> **Supplied material**:

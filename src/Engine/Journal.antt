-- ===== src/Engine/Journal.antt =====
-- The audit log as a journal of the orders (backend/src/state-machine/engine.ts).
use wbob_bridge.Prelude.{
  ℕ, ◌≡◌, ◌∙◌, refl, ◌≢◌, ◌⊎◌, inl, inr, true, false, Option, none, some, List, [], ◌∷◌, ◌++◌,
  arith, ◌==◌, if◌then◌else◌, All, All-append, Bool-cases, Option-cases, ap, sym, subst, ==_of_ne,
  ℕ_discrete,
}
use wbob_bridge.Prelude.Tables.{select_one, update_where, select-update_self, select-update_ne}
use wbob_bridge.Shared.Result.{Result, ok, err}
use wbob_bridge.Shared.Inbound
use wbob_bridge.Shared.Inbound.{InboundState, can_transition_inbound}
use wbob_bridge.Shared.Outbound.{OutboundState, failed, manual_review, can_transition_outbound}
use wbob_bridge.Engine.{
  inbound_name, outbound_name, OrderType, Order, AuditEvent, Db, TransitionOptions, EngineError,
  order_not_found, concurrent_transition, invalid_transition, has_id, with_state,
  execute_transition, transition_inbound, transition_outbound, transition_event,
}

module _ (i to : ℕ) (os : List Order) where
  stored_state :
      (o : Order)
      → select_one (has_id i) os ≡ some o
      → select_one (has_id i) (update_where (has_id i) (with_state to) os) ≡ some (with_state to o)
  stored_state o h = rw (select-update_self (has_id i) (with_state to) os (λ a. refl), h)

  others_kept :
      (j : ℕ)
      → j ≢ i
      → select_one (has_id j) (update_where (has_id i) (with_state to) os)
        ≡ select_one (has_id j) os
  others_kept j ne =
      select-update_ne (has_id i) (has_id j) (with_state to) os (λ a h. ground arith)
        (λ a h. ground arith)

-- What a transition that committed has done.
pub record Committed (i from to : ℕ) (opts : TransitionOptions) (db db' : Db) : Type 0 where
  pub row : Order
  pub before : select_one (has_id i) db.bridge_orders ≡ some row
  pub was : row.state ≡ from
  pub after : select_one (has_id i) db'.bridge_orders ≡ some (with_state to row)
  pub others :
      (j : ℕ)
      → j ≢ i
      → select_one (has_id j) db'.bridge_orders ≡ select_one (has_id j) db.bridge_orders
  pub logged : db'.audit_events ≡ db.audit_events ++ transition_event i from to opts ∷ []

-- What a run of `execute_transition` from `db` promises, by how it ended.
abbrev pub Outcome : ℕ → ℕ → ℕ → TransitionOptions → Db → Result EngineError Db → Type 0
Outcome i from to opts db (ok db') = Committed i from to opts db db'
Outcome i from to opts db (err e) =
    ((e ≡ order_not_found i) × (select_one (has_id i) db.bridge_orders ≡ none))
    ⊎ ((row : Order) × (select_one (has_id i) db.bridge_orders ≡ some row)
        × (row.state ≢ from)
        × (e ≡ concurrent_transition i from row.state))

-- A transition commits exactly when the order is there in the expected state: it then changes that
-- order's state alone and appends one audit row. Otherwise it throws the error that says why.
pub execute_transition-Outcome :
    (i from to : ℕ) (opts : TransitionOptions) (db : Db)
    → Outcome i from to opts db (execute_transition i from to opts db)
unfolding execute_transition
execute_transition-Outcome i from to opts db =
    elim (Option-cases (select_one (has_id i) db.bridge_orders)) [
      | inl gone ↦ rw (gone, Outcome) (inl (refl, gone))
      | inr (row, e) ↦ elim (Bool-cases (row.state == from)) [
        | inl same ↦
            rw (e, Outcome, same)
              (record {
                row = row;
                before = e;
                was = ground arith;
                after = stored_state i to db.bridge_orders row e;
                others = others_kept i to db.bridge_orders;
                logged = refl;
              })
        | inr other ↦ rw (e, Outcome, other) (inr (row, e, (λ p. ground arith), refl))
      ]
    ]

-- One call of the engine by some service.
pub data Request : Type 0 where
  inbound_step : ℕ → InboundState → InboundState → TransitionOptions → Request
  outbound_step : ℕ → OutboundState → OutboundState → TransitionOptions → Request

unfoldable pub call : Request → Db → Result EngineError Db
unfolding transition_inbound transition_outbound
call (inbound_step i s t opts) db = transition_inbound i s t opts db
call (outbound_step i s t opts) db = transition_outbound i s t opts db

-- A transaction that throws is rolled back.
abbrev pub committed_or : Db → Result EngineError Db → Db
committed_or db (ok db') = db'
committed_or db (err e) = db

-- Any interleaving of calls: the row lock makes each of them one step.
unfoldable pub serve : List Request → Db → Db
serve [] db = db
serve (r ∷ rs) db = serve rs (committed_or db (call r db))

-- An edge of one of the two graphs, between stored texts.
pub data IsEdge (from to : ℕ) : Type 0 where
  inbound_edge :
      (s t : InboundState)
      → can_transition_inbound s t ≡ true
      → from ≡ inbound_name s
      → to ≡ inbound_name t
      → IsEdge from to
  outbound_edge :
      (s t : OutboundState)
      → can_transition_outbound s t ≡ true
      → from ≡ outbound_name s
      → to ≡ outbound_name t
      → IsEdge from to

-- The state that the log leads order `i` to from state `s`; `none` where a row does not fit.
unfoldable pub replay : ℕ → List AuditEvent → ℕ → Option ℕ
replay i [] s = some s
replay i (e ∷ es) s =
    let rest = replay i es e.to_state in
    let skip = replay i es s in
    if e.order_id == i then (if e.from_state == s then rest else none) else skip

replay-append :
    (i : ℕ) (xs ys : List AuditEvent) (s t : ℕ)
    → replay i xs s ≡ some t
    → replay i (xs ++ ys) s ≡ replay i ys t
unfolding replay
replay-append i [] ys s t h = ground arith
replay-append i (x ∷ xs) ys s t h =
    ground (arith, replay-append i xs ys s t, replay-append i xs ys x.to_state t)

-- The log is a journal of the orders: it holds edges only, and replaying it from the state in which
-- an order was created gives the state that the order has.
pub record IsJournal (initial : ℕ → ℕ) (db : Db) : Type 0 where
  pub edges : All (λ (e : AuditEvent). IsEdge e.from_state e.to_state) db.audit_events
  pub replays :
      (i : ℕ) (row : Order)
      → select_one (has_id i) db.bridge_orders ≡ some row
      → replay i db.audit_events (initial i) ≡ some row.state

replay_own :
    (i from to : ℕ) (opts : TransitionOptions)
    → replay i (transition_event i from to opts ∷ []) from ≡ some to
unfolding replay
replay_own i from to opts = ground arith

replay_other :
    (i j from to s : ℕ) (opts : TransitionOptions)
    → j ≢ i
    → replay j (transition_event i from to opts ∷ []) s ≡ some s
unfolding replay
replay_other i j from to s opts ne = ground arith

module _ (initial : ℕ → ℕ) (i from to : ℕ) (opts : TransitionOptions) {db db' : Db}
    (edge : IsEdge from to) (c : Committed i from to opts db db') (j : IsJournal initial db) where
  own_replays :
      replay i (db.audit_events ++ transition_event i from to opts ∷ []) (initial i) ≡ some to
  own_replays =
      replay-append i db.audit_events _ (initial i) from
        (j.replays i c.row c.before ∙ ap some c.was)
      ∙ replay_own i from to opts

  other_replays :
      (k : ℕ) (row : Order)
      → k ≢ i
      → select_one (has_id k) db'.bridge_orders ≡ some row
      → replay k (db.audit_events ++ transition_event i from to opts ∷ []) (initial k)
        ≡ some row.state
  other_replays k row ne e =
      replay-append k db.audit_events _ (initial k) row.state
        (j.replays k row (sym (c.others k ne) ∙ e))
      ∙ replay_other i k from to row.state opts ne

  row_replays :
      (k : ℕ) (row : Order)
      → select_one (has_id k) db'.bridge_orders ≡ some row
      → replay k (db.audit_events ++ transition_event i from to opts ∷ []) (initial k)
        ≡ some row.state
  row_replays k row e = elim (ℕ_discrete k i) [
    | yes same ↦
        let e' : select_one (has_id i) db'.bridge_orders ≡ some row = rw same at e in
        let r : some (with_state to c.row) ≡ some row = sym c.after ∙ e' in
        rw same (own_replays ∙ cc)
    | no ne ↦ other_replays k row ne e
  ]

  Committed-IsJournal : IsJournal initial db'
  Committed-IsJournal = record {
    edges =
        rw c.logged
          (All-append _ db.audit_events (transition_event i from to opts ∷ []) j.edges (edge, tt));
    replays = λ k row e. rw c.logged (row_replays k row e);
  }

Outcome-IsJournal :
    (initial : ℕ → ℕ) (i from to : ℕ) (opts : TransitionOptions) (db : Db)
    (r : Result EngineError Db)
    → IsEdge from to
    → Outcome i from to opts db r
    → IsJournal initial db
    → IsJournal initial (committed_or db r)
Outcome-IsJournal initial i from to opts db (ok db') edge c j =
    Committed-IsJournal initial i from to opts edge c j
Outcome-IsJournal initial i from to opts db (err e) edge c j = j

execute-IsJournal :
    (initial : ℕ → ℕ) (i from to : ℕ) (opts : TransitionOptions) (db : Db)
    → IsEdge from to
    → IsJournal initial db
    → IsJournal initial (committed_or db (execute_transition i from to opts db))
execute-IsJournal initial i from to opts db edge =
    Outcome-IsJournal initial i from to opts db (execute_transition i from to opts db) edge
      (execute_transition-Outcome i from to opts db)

> **Problem to work on**: The lines above, starting at the one with "replay-append k db.audit_events" and ending at the one with "(committed_or db r)", are the only ones to return, exactly as written.

> **Finished task**:
      replay-append k db.audit_events _ (initial k) row.state
        (j.replays k row (sym (c.others k ne) ∙ e))
      ∙ replay_other i k from to row.state opts ne

  row_replays :
      (k : ℕ) (row : Order)
      → select_one (has_id k) db'.bridge_orders ≡ some row
      → replay k (db.audit_events ++ transition_event i from to opts ∷ []) (initial k)
        ≡ some row.state
  row_replays k row e = elim (ℕ_discrete k i) [
    | yes same ↦
        let e' : select_one (has_id i) db'.bridge_orders ≡ some row = rw same at e in
        let r : some (with_state to c.row) ≡ some row = sym c.after ∙ e' in
        rw same (own_replays ∙ cc)
    | no ne ↦ other_replays k row ne e
  ]

  Committed-IsJournal : IsJournal initial db'
  Committed-IsJournal = record {
    edges =
        rw c.logged
          (All-append _ db.audit_events (transition_event i from to opts ∷ []) j.edges (edge, tt));
    replays = λ k row e. rw c.logged (row_replays k row e);
  }

Outcome-IsJournal :
    (initial : ℕ → ℕ) (i from to : ℕ) (opts : TransitionOptions) (db : Db)
    (r : Result EngineError Db)
    → IsEdge from to
    → Outcome i from to opts db r
    → IsJournal initial db
    → IsJournal initial (committed_or db r)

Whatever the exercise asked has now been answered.